All of the learners provided by OptimalFeatureSelection are OptimalFeatureSelectionLearners. In addition to the shared learner parameters, these learners support the following parameters to control the behavior of the OptimalFeatureSelection algorithm.

Note that the shared parameter normalize_X has no effect for OptimalFeatureSelectionLearners.

#### sparsity

sparsity controls the maximum number of features allowed in the fitted model (the parameter $k$ in the problem formulation). Each numeric feature or categoric level assigned a non-zero weight will count towards this sparsity restriction. This parameter must always be explicitly set or tuned. See RelativeParameterInput for the different ways to specify this value.

#### gamma

gamma controls the degree of regularization applied to the problem (the parameter $\gamma$ in the problem formulation). The default value is :auto, which uses a value of $1/\sqrt{n}$ that gives good results in most cases. It is possible to supply and/or tune this value manually by passing numeric values if you would like more control over the regularization, but we have found empirically that this has little effect on performance.

#### relaxation

relaxation controls which approach will be used to solve the problem. The default is true, meaning the relaxation approach will be used. If set to false, the exact approach will be used instead.

#### refit_l1

refit_l1 controls whether to refit an L1-regularized model on the selected subset of features. This can sometimes improve the model performance in very noisy data. The default value is false.

#### solver

solver controls the mixed-integer optimization solver used to solve the problem when using the exact approach (i.e. relaxation=false). You need to pass a solver that supports lazy constraint callbacks:

• Gurobi.Optimizer via Gurobi.jl
• CPLEX.Optimizer via CPLEX.jl

Refer to the JuMP documentation for information on further customization of solver behavior, such as using optimizer_with_attributes to supply additional parameters to the solver.
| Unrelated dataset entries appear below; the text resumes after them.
-- ===== src/Cluster/Fsm/Tests.antt =====
-- A small library of codecs, a log of three entries, and each theorem on it.
use tokmesh_go.Base.{
  ◌≡◌, ◌≢◌, refl, false, Option, none, some, List, [], ◌∷◌, ◌++◌, ℕ_discrete, get_or, arith,
}
use tokmesh_go.Domain.Str.{str_dec}
use tokmesh_go.GoMap
use tokmesh_go.Cluster.ShardMap
use tokmesh_go.Cluster.ShardMap.{assign_shard, get_shard}
use tokmesh_go.Cluster.Fsm
use tokmesh_go.Cluster.Fsm.{◌>>=◌}
use tokmesh_go.Cluster.Fsm.Replay.{
  Command, assign, join, log_of, AllText, Agrees, apply_all-Agrees, replay_restored,
}

abbrev seven : Fsm.ShardMapUpdatePayload
seven = record { shard_id = 7; node_id = 97 ∷ []; replicas = [] }

abbrev node_b : Fsm.MemberJoinPayload
node_b = record { node_id = 98 ∷ []; addr = 1 ∷ [] }

abbrev commands : List Command
commands = assign seven ∷ join node_b ∷ []

-- the machine after them
abbrev machine : Fsm.Fsm
machine = record {
  shard_map = record {
    shards = (7, 97 ∷ []) ∷ [];
    replicas = [];
    version = 1;
    virtual_nodes = [];
    sorted_hashes = [];
  };
  members = some ((98 ∷ [], Fsm.joined node_b) ∷ []);
}

abbrev decode_entry : Fsm.Bytes → Option Fsm.LogEntry
decode_entry [] = none
decode_entry (t ∷ p) = some (record { entry_type = t; payload = p })

abbrev decode_update : Fsm.Bytes → Option Fsm.ShardMapUpdatePayload
decode_update [] = none
decode_update (s ∷ n) = some (record { shard_id = s; node_id = n; replicas = [] })

abbrev decode_join : Fsm.Bytes → Option Fsm.MemberJoinPayload
decode_join [] = none
decode_join (n ∷ a) = some (record { node_id = n ∷ []; addr = a })

abbrev unzip : Fsm.Bytes → Option Fsm.Bytes
unzip [] = none
unzip (x ∷ b) = some b

abbrev toy : Fsm.Library
unfolding Fsm.snapshot
toy = record {
  marshal_entry = λ e. e.entry_type ∷ e.payload;
  unmarshal_entry = decode_entry;
  marshal_update = λ u. u.shard_id ∷ u.node_id;
  unmarshal_update = decode_update;
  marshal_join = λ j. get_or j.node_id 0 0 ∷ j.addr;
  unmarshal_join = decode_join;
  marshal_leave = λ l. l.node_id;
  unmarshal_leave = λ b. some (record { node_id = b });
  encode_state = λ s. [];
  decode_state = λ b. some (Fsm.snapshot machine);
  gzip = λ b. 31 ∷ b;
  gunzip = unzip;
  IsJson = λ b. Unit;
  IsUpdateText = λ u. decode_update (u.shard_id ∷ u.node_id) ≡ some u;
  IsJoinText = λ j. decode_join (get_or j.node_id 0 0 ∷ j.addr) ≡ some j;
  IsLeaveText = λ l. Unit;
  IsStateText = λ s. some (Fsm.snapshot machine) ≡ some s;
  entry_lem = λ e h. refl;
  update_lem = λ u h. h;
  update-IsJson = λ u. tt;
  join_lem = λ j h. h;
  join-IsJson = λ j. tt;
  leave_lem = λ l h. refl;
  leave-IsJson = λ l. tt;
  state_lem = λ s h. h;
  gunzip-gzip = λ b. refl;
}

commands-AllText : AllText toy commands
unfolding toy
commands-AllText = (refl, (refl, tt))

new_map : Fsm.new.members ≢ none
unfolding Fsm.new
new_map e = absurd (ground (arith, e))

apply_all-Agrees_example :
    (g : Fsm.Fsm) × (Fsm.apply_all toy Fsm.new (log_of toy commands) ≡ Fsm.done g)
    × Agrees toy Fsm.new g commands
apply_all-Agrees_example = apply_all-Agrees toy Fsm.new commands new_map commands-AllText

program : Unit {0}
unfolding Fsm.new Fsm.apply Fsm.dispatch Fsm.apply_shard_map_update Fsm.apply_member_join
    Fsm.apply_member_leave Fsm.put_member Fsm.drop_member Fsm.snapshot Fsm.persist Fsm.restore
    Fsm.restored Fsm.apply_shard_update Fsm.apply_join Fsm.apply_leave ShardMap.new assign_shard
    get_shard GoMap.get GoMap.set GoMap.delete ℕ_discrete str_dec
program = tt

applied : Fsm.apply_all toy Fsm.new (log_of toy commands) ≡ Fsm.done machine
unfolding program
applied = refl

-- the two commands, a snapshot, and an entry of an unknown type
replay_restored_example :
    (Fsm.restore toy (Fsm.persist toy (Fsm.snapshot machine)) >>= λ g.
    Fsm.apply_all toy g ((9 ∷ []) ∷ []))
    ≡ Fsm.apply_all toy Fsm.new (log_of toy commands ++ (9 ∷ []) ∷ [])
unfolding toy
replay_restored_example =
    replay_restored toy machine (log_of toy commands) ((9 ∷ []) ∷ []) applied refl

unknown_type : Fsm.apply toy Fsm.new (9 ∷ []) ≡ Fsm.panicked
unfolding program
unknown_type = refl

not_leader : Fsm.apply_leave toy false (record { node_id = [] }) ≡ none
unfolding program
not_leader = refl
For example, you could specify Gurobi with a 60 second time limit using:

using Gurobi
using JuMP
lnr = IAI.OptimalFeatureSelectionClassifier(
relaxation=false,
solver=optimizer_with_attributes(
Gurobi.Optimizer, "TimeLimit" => 60
),
)

Similarly, you could specify CPLEX with a 60 second time limit using:

using CPLEX
using JuMP
lnr = IAI.OptimalFeatureSelectionClassifier(
relaxation=false,
solver=optimizer_with_attributes(
CPLEX.Optimizer, "CPX_PARAM_TILIM" => 60
),
)

We do not recommend trying to use the exact mode with the open-source GLPK solver, as it is simply not fast enough to make any progress solving the models.

## Classification Learners

The OptimalFeatureSelectionClassifier is used for conducting optimal feature selection on classification problems. There are no additional parameters beyond the shared parameters. The following values for criterion are permitted:

## Regression Learners

The OptimalFeatureSelectionRegressor is used for conducting optimal feature selection on regression problems. The following values for criterion are permitted:

In addition to the shared parameters, these learners also support the shared regression parameters.

Similar to normalize_X, the shared regression parameter normalize_y has no effect for OptimalFeatureSelectionRegressors.